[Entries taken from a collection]
***

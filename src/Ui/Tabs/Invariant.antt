-- ===== src/Ui/Tabs/Invariant.antt =====
-- What every operation on the tabs keeps: who holds which slot, whose messages reach which tab,
-- and that the tab on screen is one of the strip.
use tui_ssh_client.Prelude.{
  ℕ, ◌+◌, ◌≤◌, ◌<◌, ◌≡◌, refl, sym, subst, Bool, true, false, List, [], ◌∷◌, ◌++◌, none, some,
  arith, not, ◌&&◌, ◌||◌, is_some, All, All-set, All-remove_at, All-append, ltb, leb, ◌==◌, length,
  length-append, length-set, length-remove_at, get_elem?, set, remove_at,
}
use tui_ssh_client.Prelude.Int.{ℤ, pos, negsuc}
use tui_ssh_client.Ui.Terminal.{Emulator, written, ris, Slot, Pool, max_tabs, get, put, detach}
use tui_ssh_client.Ui.State.{Tab, App, TabState, live}
use tui_ssh_client.Ui.Tabs.Tally.{hit, tally, tally-append, tally-set, tally-remove_at, tally-pos}

abbrev pub tab_slot : Tab → ℕ
tab_slot t = t.slot.num

abbrev pub tab_gen : Tab → ℕ
tab_gen t = t.gen

abbrev pub slot_num : Slot → ℕ
slot_num s = s.num

abbrev pub InStrip : ℤ → ℕ → Type 0
InStrip (pos k) n = k < n
InStrip (negsuc k) n = n ≡ 0

-- A free slot sends its replies nowhere, and the last thing done to its screen is a full reset.
abbrev pub IsClean : Slot → Type 0
IsClean s = (s.pump ≡ none) × ((e : Emulator) × (s.emu ≡ written ris ∷ e))

abbrev pub is_live : TabState → Bool
is_live live = true
is_live _ = false

-- The pump of a tab points at the tab's own session, and a tab has a session while it is live.
abbrev pub IsWired : Tab → Type 0
IsWired t = (t.slot.pump ≡ t.session) × (is_some t.session ≡ is_live t.state)

-- Each slot ever made is held by one tab or is free, and by no second; at most `max_tabs` are made.
-- No two tabs have the same generation, and none has one that is still to come or one of the `dead`
-- ones. The tab on screen is in the strip, and there is none only if the strip is empty.
pub record Holds (dead : ℕ → Bool) (tabs : List Tab) (active : ℤ) (pool : Pool) (gen : ℕ)
    : Type 0 where
  pub slots : (k : ℕ) → tally tab_slot k tabs + tally slot_num k pool.free ≡ hit (ltb k pool.live)
  pub counted : length tabs + length pool.free ≡ pool.live
  pub bounded : pool.live ≤ max_tabs
  pub gens : (g : ℕ) → tally tab_gen g tabs ≤ hit (leb g gen && not (dead g))
  pub past : (g : ℕ) → (dead g && ltb gen g) ≡ false
  pub shown : InStrip active (length tabs)
  pub clean : All IsClean pool.free
  pub wired : All IsWired tabs

abbrev pub Inv : (ℕ → Bool) → App → Type 0
Inv dead a = Holds dead a.tabs a.active a.pool a.gen

-- What the pool lends it had, or has made as its next slot.
get_from :
    (free : List Slot) (made cols rows : ℕ) (s : Slot) (p : Pool)
    → get (record { free = free; live = made }) cols rows ≡ some (s, p)
    → ((k : ℕ)
        → tally slot_num k p.free + (hit (ltb k made) + hit (s.num == k))
          ≡ tally slot_num k free + hit (ltb k p.live))
      × (length p.free + (made + 1) ≡ length free + p.live)
      × (made ≤ max_tabs → p.live ≤ max_tabs)
      × (All IsClean free → All IsClean p.free)
      × (All IsClean free → s.pump ≡ none)
unfolding get
get_from (f ∷ free) made cols rows s p e =
    let same : p.free ≡ free = ground arith in
    (
      λ k. ground arith,
      ground arith,
      ground arith,
      λ c. subst (All IsClean) (sym same) c.1,
      λ c. ground (arith, c.0.0),
    )
get_from [] made cols rows s p e =
    let same : p.free ≡ [] = ground arith in
    (
      λ k. ground arith,
      ground arith,
      ground arith,
      λ c. subst (All IsClean) (sym same) tt,
      λ c. ground arith,
    )

module _ {dead : ℕ → Bool} {tabs : List Tab} {active : ℤ} {pool : Pool} {gen : ℕ}
    (h : Holds dead tabs active pool gen) where
  -- The generation of a tab in the strip is one that was given out.
  there : (i : ℕ) (t : Tab) → get_elem? tabs i ≡ some t → (k : ℕ) → t.gen ≡ k → k ≤ gen
  there i t e k g = ground (arith, tally-pos tab_gen k tabs i t e g, h.gens k)

  -- A tab that changes and keeps its slot and its generation.
  pub set-Holds :
      (i : ℕ) (t v : Tab)
      → get_elem? tabs i ≡ some t
      → v.slot.num ≡ t.slot.num
      → v.gen ≡ t.gen
      → IsWired v
      → Holds dead (set tabs i v) active pool gen
  set-Holds i t v e s g w = record {
    slots = λ k. ground (arith, tally-set tab_slot k tabs i t v e, h.slots k);
    counted = rw length-set h.counted;
    bounded = h.bounded;
    gens = λ k. ground (arith, tally-set tab_gen k tabs i t v e, h.gens k);
    past = h.past;
    shown = rw length-set h.shown;
    clean = h.clean;
    wired = All-set IsWired tabs i v h.wired w;
  }

  -- A tab that is dialled again, under the next generation: the old one is dead.
  pub renew-Holds :
      (i : ℕ) (t v : Tab)
      → get_elem? tabs i ≡ some t
      → v.slot.num ≡ t.slot.num
      → v.gen ≡ gen + 1
      → IsWired v
      → Holds (λ x. dead x || x == t.gen) (set tabs i v) active pool (gen + 1)
  renew-Holds i t v e s g w = record {
    slots = λ k. ground (arith, tally-set tab_slot k tabs i t v e, h.slots k);
    counted = rw length-set h.counted;
    bounded = h.bounded;
    gens = λ k. ground (arith, tally-set tab_gen k tabs i t v e, h.gens k, h.past k);
    past = λ k. ground (arith, h.past k, there i t e k);
    shown = rw length-set h.shown;
    clean = h.clean;
    wired = All-set IsWired tabs i v h.wired w;
  }

  -- A tab that goes, and gives its slot back: its generation is dead; `active` is put right by the caller.
  pub remove-Holds :
      (i : ℕ) (t : Tab) (k : ℤ)
      → get_elem? tabs i ≡ some t
      → i < length tabs
      → InStrip k (length (remove_at i tabs))
      → Holds (λ x. dead x || x == t.gen) (remove_at i tabs) k (put pool (some t.slot)) gen
  unfolding put detach
  remove-Holds i t k e lt s = record {
    slots = λ k. ground (arith, tally-remove_at tab_slot k tabs i t e, h.slots k);
    counted = omega (arith, length-remove_at i tabs lt, h.counted);
    bounded = h.bounded;
    gens = λ k. ground (arith, tally-remove_at tab_gen k tabs i t e, h.gens k);
    past = λ k. ground (arith, h.past k, there i t e k);
    shown = s;
    clean = ((refl, (t.slot.emu, refl)), h.clean);
    wired = All-remove_at IsWired i tabs h.wired;
  }

  -- A tab that comes, with a slot of the pool and the next generation.
  pub append-Holds :
      (v : Tab) (cols rows : ℕ) (p : Pool)
      → get pool cols rows ≡ some (v.slot, p)
      → v.gen ≡ gen + 1
      → v.session ≡ none
      → is_live v.state ≡ false
      → Holds dead (tabs ++ v ∷ []) (pos (length tabs)) p (gen + 1)
  append-Holds v cols rows p e g sn st =
      let lent = get_from pool.free pool.live cols rows v.slot p e in
      record {
        slots = λ k. omega (arith, tally-append tab_slot k tabs (v ∷ []), h.slots k, lent.0 k);
        counted = omega (arith, length-append tabs (v ∷ []), h.counted, lent.1);
        bounded = lent.2 h.bounded;
        gens = λ k. ground (arith, tally-append tab_gen k tabs (v ∷ []), h.gens k, h.past k);
        past = λ k. ground (arith, h.past k);
        shown = omega (arith, length-append tabs (v ∷ []));
        clean = lent.3 h.clean;
        wired =
            All-append IsWired tabs (v ∷ []) h.wired ((rw sn (lent.4 h.clean), rw sn (sym st)), tt);
      }

-- Fewer generations that are known to be dead.
pub weaken-Holds :
    {dead : ℕ → Bool} (p : ℕ → Bool) {tabs : List Tab} {active : ℤ} {pool : Pool} {gen : ℕ}
    → Holds (λ x. dead x || p x) tabs active pool gen
    → Holds dead tabs active pool gen
weaken-Holds p h = record {
  slots = h.slots;
  counted = h.counted;
  bounded = h.bounded;
  gens = λ g. ground (arith, h.gens g);
  past = λ g. ground (arith, h.past g);
  shown = h.shown;
  clean = h.clean;
  wired = h.wired;
}

-- No tab of the strip has a dead generation.
pub dead-tally :
    {dead : ℕ → Bool} {tabs : List Tab} {active : ℤ} {pool : Pool} {gen : ℕ} (g : ℕ)
    → Holds dead tabs active pool gen
    → dead g ≡ true
    → tally tab_gen g tabs ≡ 0
dead-tally g h d = ground (arith, h.gens g)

***

TO DO: Look above for the line with "IsClean s = (s.pump"; retype exactly that line, every line after it up to the line with "-- No two tabs", and that line too, nothing else.

ANSWER:
IsClean s = (s.pump ≡ none) × ((e : Emulator) × (s.emu ≡ written ris ∷ e))

abbrev pub is_live : TabState → Bool
is_live live = true
is_live _ = false

-- The pump of a tab points at the tab's own session, and a tab has a session while it is live.
abbrev pub IsWired : Tab → Type 0
IsWired t = (t.slot.pump ≡ t.session) × (is_some t.session ≡ is_live t.state)

-- Each slot ever made is held by one tab or is free, and by no second; at most `max_tabs` are made.
-- No two tabs have the same generation, and none has one that is still to come or one of the `dead`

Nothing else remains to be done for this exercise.